=== Exercise brief ===
The reply to the records below should contain exactly the lines from the line with "abbrev pub same_court_type" through the line with "unset_or_type (some a) none = false", and nothing besides.

Stored records:
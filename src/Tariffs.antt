-- ===== src/Tariffs.antt =====
-- The price of a booking: apps/api/src/modules/pricing (tariff-resolver.ts, pricing.service.ts,
-- pricing.repository.ts). Prices are numbers of cents and capacities are numbers, as the forms that
-- write rules require. `localeCompare` on ids and luxon's conversion to local time are arguments.
pub mod Covers
pub mod Order
pub mod Winner
pub mod Rounding
pub mod Quoted
mod Tests
use ardenne_padel_v.Prelude.{
  ltb, leb, ◌==◌, if◌then◌else◌, filter_by, includes, ℤ, pos, leb_ℤ, ◌==ℤ◌, ◌-ℤ◌, Number, integer,
  fraction, ℕ, zero, suc, ◌+◌, ◌*◌, ◌/◌, ◌%◌, Bool, true, false, not, ◌&&◌, Option, none, some,
  List, [], ◌∷◌, map,
}
use ardenne_padel_v.Slots.TimeText.{time_string_to_minutes}

pub data CourtType : Type 0 where
  simple double : CourtType

pub record TariffRuleCandidate : Type 0 where
  pub id : ℕ
  pub court_id : Option ℕ
  pub court_type : Option CourtType
  pub days_of_week : List ℕ
  pub start_time : List ℕ
  pub end_time : List ℕ
  pub duration_minutes : ℕ
  pub price_total_cents : Option ℕ
  pub price_per_participant_cents : Option ℕ
  pub reference_capacity : ℕ
  pub priority : ℤ

pub record ResolveTariffInput : Type 0 where
  pub court_id : ℕ
  pub court_type : Option CourtType
  pub day_of_week : ℕ
  pub start_time : List ℕ
  pub duration_minutes : ℕ
  pub rules : List TariffRuleCandidate

-- The currency is always EUR.
pub record ResolvedTariff : Type 0 where
  pub rule_id : ℕ
  pub price_total_cents : ℤ
  pub price_per_participant_cents : ℤ

-- A tariff, `NoTariffRuleFoundError`, or another exception.
pub data Resolution : Type 0 where
  resolved : ResolvedTariff → Resolution
  no_tariff_rule_found : Resolution
  failed : Resolution

-- `a === null || a === b`
abbrev pub unset_or_id : Option ℕ → ℕ → Bool
unset_or_id none b = true
unset_or_id (some a) b = a == b

abbrev pub same_court_type : CourtType → CourtType → Bool
same_court_type simple simple = true
same_court_type double double = true
same_court_type _ _ = false

abbrev pub unset_or_type : Option CourtType → Option CourtType → Bool
unset_or_type none b = true
unset_or_type (some a) none = false
unset_or_type (some a) (some b) = same_court_type a b

-- `requested >= start && requested < end`, false if one is NaN
abbrev pub within : Option ℕ → Option ℕ → Option ℕ → Bool
within (some start) (some end) (some requested) = leb start requested && ltb requested end
within _ _ _ = false

-- `matches`
unfoldable pub matches : TariffRuleCandidate → ResolveTariffInput → Bool
matches rule input =
    if not (unset_or_id rule.court_id input.court_id)
    then false
    else if not (unset_or_type rule.court_type input.court_type)
    then false
    else if not (includes rule.days_of_week input.day_of_week)
    then false
    else if not (rule.duration_minutes == input.duration_minutes)
    then false
    else within (time_string_to_minutes rule.start_time) (time_string_to_minutes rule.end_time)
        (time_string_to_minutes input.start_time)

-- `Math.round(n / k)` of a number of cents; dividing by 0 gives no integer.
unfoldable pub round_quotient : ℕ → ℕ → Number
round_quotient n zero = fraction
round_quotient n (suc k) = integer (pos ((2 * n + suc k) / (2 * suc k)))

-- The two `assertCents` and the answer
abbrev tariff_of : ℕ → Number → Number → Resolution
tariff_of id (integer total) (integer each) =
    resolved
      (record { rule_id = id; price_total_cents = total; price_per_participant_cents = each })
tariff_of id (integer total) fraction = failed
tariff_of id fraction _ = failed

abbrev priced : ℕ → ℕ → Option ℕ → Option ℕ → Resolution
priced id capacity (some total) _ =
    tariff_of id (integer (pos total)) (round_quotient total capacity)
priced id capacity none (some each) =
    tariff_of id (integer (pos (each * capacity))) (integer (pos each))
priced id capacity none none = failed

-- What the winning rule charges
unfoldable pub price : TariffRuleCandidate → Resolution
unfolding round_quotient
price rule =
    priced rule.id rule.reference_capacity rule.price_total_cents rule.price_per_participant_cents

-- The columns of a rule that only the query reads, and those of the candidate.
pub record TariffRule : Type 0 where
  pub active : Bool
  pub valid_from : ℕ
  pub valid_until : Option ℕ
  pub candidate : TariffRuleCandidate

-- `validUntil` is null or not before the date.
abbrev pub lasts_until : Option ℕ → ℕ → Bool
lasts_until none date = true
lasts_until (some last) date = leb date last

-- The court's own rule, one for its type, or one for all courts
abbrev pub concerns : ℕ → CourtType → Option ℕ → Option CourtType → Bool
concerns court type (some c) _ = c == court
concerns court type none (some t) = same_court_type t type
concerns court type none none = true

-- The `where` of `findActiveRules`
unfoldable pub is_current : ℕ → CourtType → ℕ → TariffRule → Bool
is_current court type date r =
    r.active
    && leb r.valid_from date
    && lasts_until r.valid_until date
    && concerns court type r.candidate.court_id r.candidate.court_type

-- `findActiveRules`
unfoldable pub find_active_rules : ℕ → CourtType → ℕ → List TariffRule → List TariffRule
unfolding is_current
find_active_rules court type date rules = filter_by (is_current court type date) rules

pub record Court : Type 0 where
  pub id : ℕ
  pub court_type : CourtType

-- What luxon makes of a valid instant: the start of its day, its weekday from 1 (Monday) to 7, and
-- its time as HH:mm.
pub record LocalTime : Type 0 where
  pub start_of_day : ℕ
  pub weekday : ℕ
  pub time : List ℕ

-- The order of the ids, `a.id.localeCompare(b.id)`, is a parameter.
module _ (locale_compare : ℕ → ℕ → ℤ) where
  -- The comparison that `pickWinningRule` sorts by
  abbrev pub compare_rules : TariffRuleCandidate → TariffRuleCandidate → ℤ
  compare_rules a b =
      let d = b.priority -ℤ a.priority in if d ==ℤ pos 0 then locale_compare a.id b.id else d

  -- `sort(compare)`, which is stable
  unfoldable pub insert_rule :
      TariffRuleCandidate → List TariffRuleCandidate → List TariffRuleCandidate
  insert_rule a [] = a ∷ []
  insert_rule a (b ∷ bs) =
      let rest = insert_rule a bs in
      if leb_ℤ (compare_rules a b) (pos 0) then a ∷ b ∷ bs else b ∷ rest

  unfoldable pub sort_rules : List TariffRuleCandidate → List TariffRuleCandidate
  unfolding insert_rule
  sort_rules [] = []
  sort_rules (a ∷ rest) = insert_rule a (sort_rules rest)

  abbrev price_first : List TariffRuleCandidate → Resolution
  price_first [] = no_tariff_rule_found
  price_first (rule ∷ _) = price rule

  -- `resolveTariff`
  unfoldable pub resolve_tariff : ResolveTariffInput → Resolution
  unfolding sort_rules price matches
  resolve_tariff input = price_first (sort_rules (filter_by (λ r. matches r input) input.rules))

  -- `PricingService.quote`; `none` is an instant that luxon refuses.
  unfoldable pub quote : Court → Option LocalTime → ℕ → List TariffRule → Resolution
  unfolding find_active_rules resolve_tariff
  quote court none duration rules = failed
  quote court (some local) duration rules = resolve_tariff (record {
    court_id = court.id;
    court_type = some court.court_type;
    day_of_week = local.weekday % 7;
    start_time = local.time;
    duration_minutes = duration;
    rules =
        map (λ (r : TariffRule). r.candidate)
          (find_active_rules court.id court.court_type local.start_of_day rules);
  })
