-- ===== src/Tariffs/Covers.antt =====
-- When a rule concerns what is asked for, against the tests of `matches` (tariff-resolver.ts).
use ardenne_padel_v.Prelude.{
  ◌==◌, if◌then◌else◌, ==_iff, true≢false, Bool-cases, Among, includes, ℕ, ◌≤◌, ◌<◌, ◌≡◌, refl, sym,
  inl, inr, Bool, true, false, not, Option, none, some, List, [], ◌∷◌, arith,
}
use ardenne_padel_v.Slots.TimeText.{time_string_to_minutes}
use ardenne_padel_v.Tariffs.{
  CourtType, simple, double, TariffRuleCandidate, ResolveTariffInput, unset_or_id, same_court_type,
  unset_or_type, within, matches,
}

-- A rule concerns the court and its type, the day, the duration and the time that are asked for.
pub record Covers (rule : TariffRuleCandidate) (input : ResolveTariffInput) : Type 0 where
  pub court : (c : ℕ) → rule.court_id ≡ some c → c ≡ input.court_id
  pub court_kind : (t : CourtType) → rule.court_type ≡ some t → input.court_type ≡ some t
  pub day : Among input.day_of_week rule.days_of_week
  pub duration : rule.duration_minutes ≡ input.duration_minutes
  pub hours :
      (start end asked : ℕ) × (time_string_to_minutes rule.start_time ≡ some start)
      × (time_string_to_minutes rule.end_time ≡ some end)
      × (time_string_to_minutes input.start_time ≡ some asked)
      × (start ≤ asked)
      × (asked < end)

unset_or_id→eq : (o : Option ℕ) (b : ℕ) → unset_or_id o b ≡ true → (c : ℕ) → o ≡ some c → c ≡ b
unset_or_id→eq none b t c e = cc
unset_or_id→eq (some a) b t c e = ground (arith, (==_iff a b).0 t)

eq→unset_or_id : (o : Option ℕ) (b : ℕ) → ((c : ℕ) → o ≡ some c → c ≡ b) → unset_or_id o b ≡ true
eq→unset_or_id none b h = refl
eq→unset_or_id (some a) b h = (==_iff a b).1 (h a refl)

same_court_type→eq : (a b : CourtType) → same_court_type a b ≡ true → a ≡ b
same_court_type→eq simple simple t = refl
same_court_type→eq simple double t = cc
same_court_type→eq double simple t = cc
same_court_type→eq double double t = refl

unset_or_type→eq :
    (o b : Option CourtType) → unset_or_type o b ≡ true → (c : CourtType) → o ≡ some c → b ≡ some c
unset_or_type→eq none b t c e = cc
unset_or_type→eq (some a) none t c e = cc
unset_or_type→eq (some a) (some b) t c e = cc (same_court_type→eq a b t)

pub same_court_type_refl : (a : CourtType) → same_court_type a a ≡ true
same_court_type_refl simple = refl
same_court_type_refl double = refl

eq→unset_or_type :
    (o b : Option CourtType)
    → ((c : CourtType) → o ≡ some c → b ≡ some c)
    → unset_or_type o b ≡ true
eq→unset_or_type none b h = refl
eq→unset_or_type (some a) b h = rw (h a refl) (same_court_type_refl a)

Among→includes : (xs : List ℕ) (n : ℕ) → Among n xs → includes xs n ≡ true
Among→includes [] n h = absurd h
Among→includes (x ∷ xs) n (inl here) = rw ((==_iff x n).1 here)
Among→includes (x ∷ xs) n (inr later) = elim (Bool-cases (x == n)) [
  | inl here ↦ rw here
  | inr other ↦ rw other (Among→includes xs n later)
]

hours→within :
    (start end asked : Option ℕ) (s e a : ℕ)
    → start ≡ some s
    → end ≡ some e
    → asked ≡ some a
    → s ≤ a
    → a < e
    → within start end asked ≡ true
hours→within start end asked s e a p q r le lt = rw (p, q, r) (ground arith)

includes→Among : (xs : List ℕ) (n : ℕ) → includes xs n ≡ true → Among n xs
includes→Among [] n t = absurd (true≢false (sym t))
includes→Among (x ∷ xs) n t = elim (Bool-cases (x == n)) [
  | inl here ↦ inl ((==_iff x n).0 here)
  | inr other ↦ inr (includes→Among xs n (rw other at t))
]

within→hours :
    (start end asked : Option ℕ)
    → within start end asked ≡ true
    → (s e a : ℕ) × (start ≡ some s) × (end ≡ some e) × (asked ≡ some a) × (s ≤ a) × (a < e)
within→hours (some s) (some e) (some a) t = (s, e, a, refl, refl, refl, ground arith, ground arith)
within→hours (some s) (some e) none t = absurd (true≢false (sym t))
within→hours (some s) none a t = absurd (true≢false (sym t))
within→hours none e a t = absurd (true≢false (sym t))

-- A guard that returned early on a failed test was passed.
passed : (c rest : Bool) → (if not c then false else rest) ≡ true → (c ≡ true) × (rest ≡ true)
passed true rest t = (refl, t)
passed false rest t = absurd (true≢false (sym t))

pub matches→Covers :
    (rule : TariffRuleCandidate) (input : ResolveTariffInput)
    → matches rule input ≡ true
    → Covers rule input
unfolding matches
matches→Covers rule input t =
    let (court, t1) = passed (unset_or_id rule.court_id input.court_id) _ t in
    let (kind, t2) = passed (unset_or_type rule.court_type input.court_type) _ t1 in
    let (day, t3) = passed (includes rule.days_of_week input.day_of_week) _ t2 in
    let (lasting, t4) = passed (rule.duration_minutes == input.duration_minutes) _ t3 in
    record {
      court = unset_or_id→eq rule.court_id input.court_id court;
      court_kind = unset_or_type→eq rule.court_type input.court_type kind;
      day = includes→Among rule.days_of_week input.day_of_week day;
      duration = (==_iff _ _).0 lasting;
      hours =
          within→hours (time_string_to_minutes rule.start_time)
            (time_string_to_minutes rule.end_time) (time_string_to_minutes input.start_time) t4;
    }

pub Covers→matches :
    (rule : TariffRuleCandidate) (input : ResolveTariffInput)
    → Covers rule input
    → matches rule input ≡ true
unfolding matches
Covers→matches rule input c =
    let (s, e, a, p, q, r, le, lt) = c.hours in
    rw
      (
        eq→unset_or_id rule.court_id input.court_id c.court,
        eq→unset_or_type rule.court_type input.court_type c.court_kind,
        Among→includes rule.days_of_week input.day_of_week c.day,
        (==_iff _ _).1 c.duration,
      )
      (hours→within _ _ _ s e a p q r le lt)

=== Solution below ===
abbrev pub same_court_type : CourtType → CourtType → Bool
same_court_type simple simple = true
same_court_type double double = true
same_court_type _ _ = false

abbrev pub unset_or_type : Option CourtType → Option CourtType → Bool
unset_or_type none b = true
unset_or_type (some a) none = false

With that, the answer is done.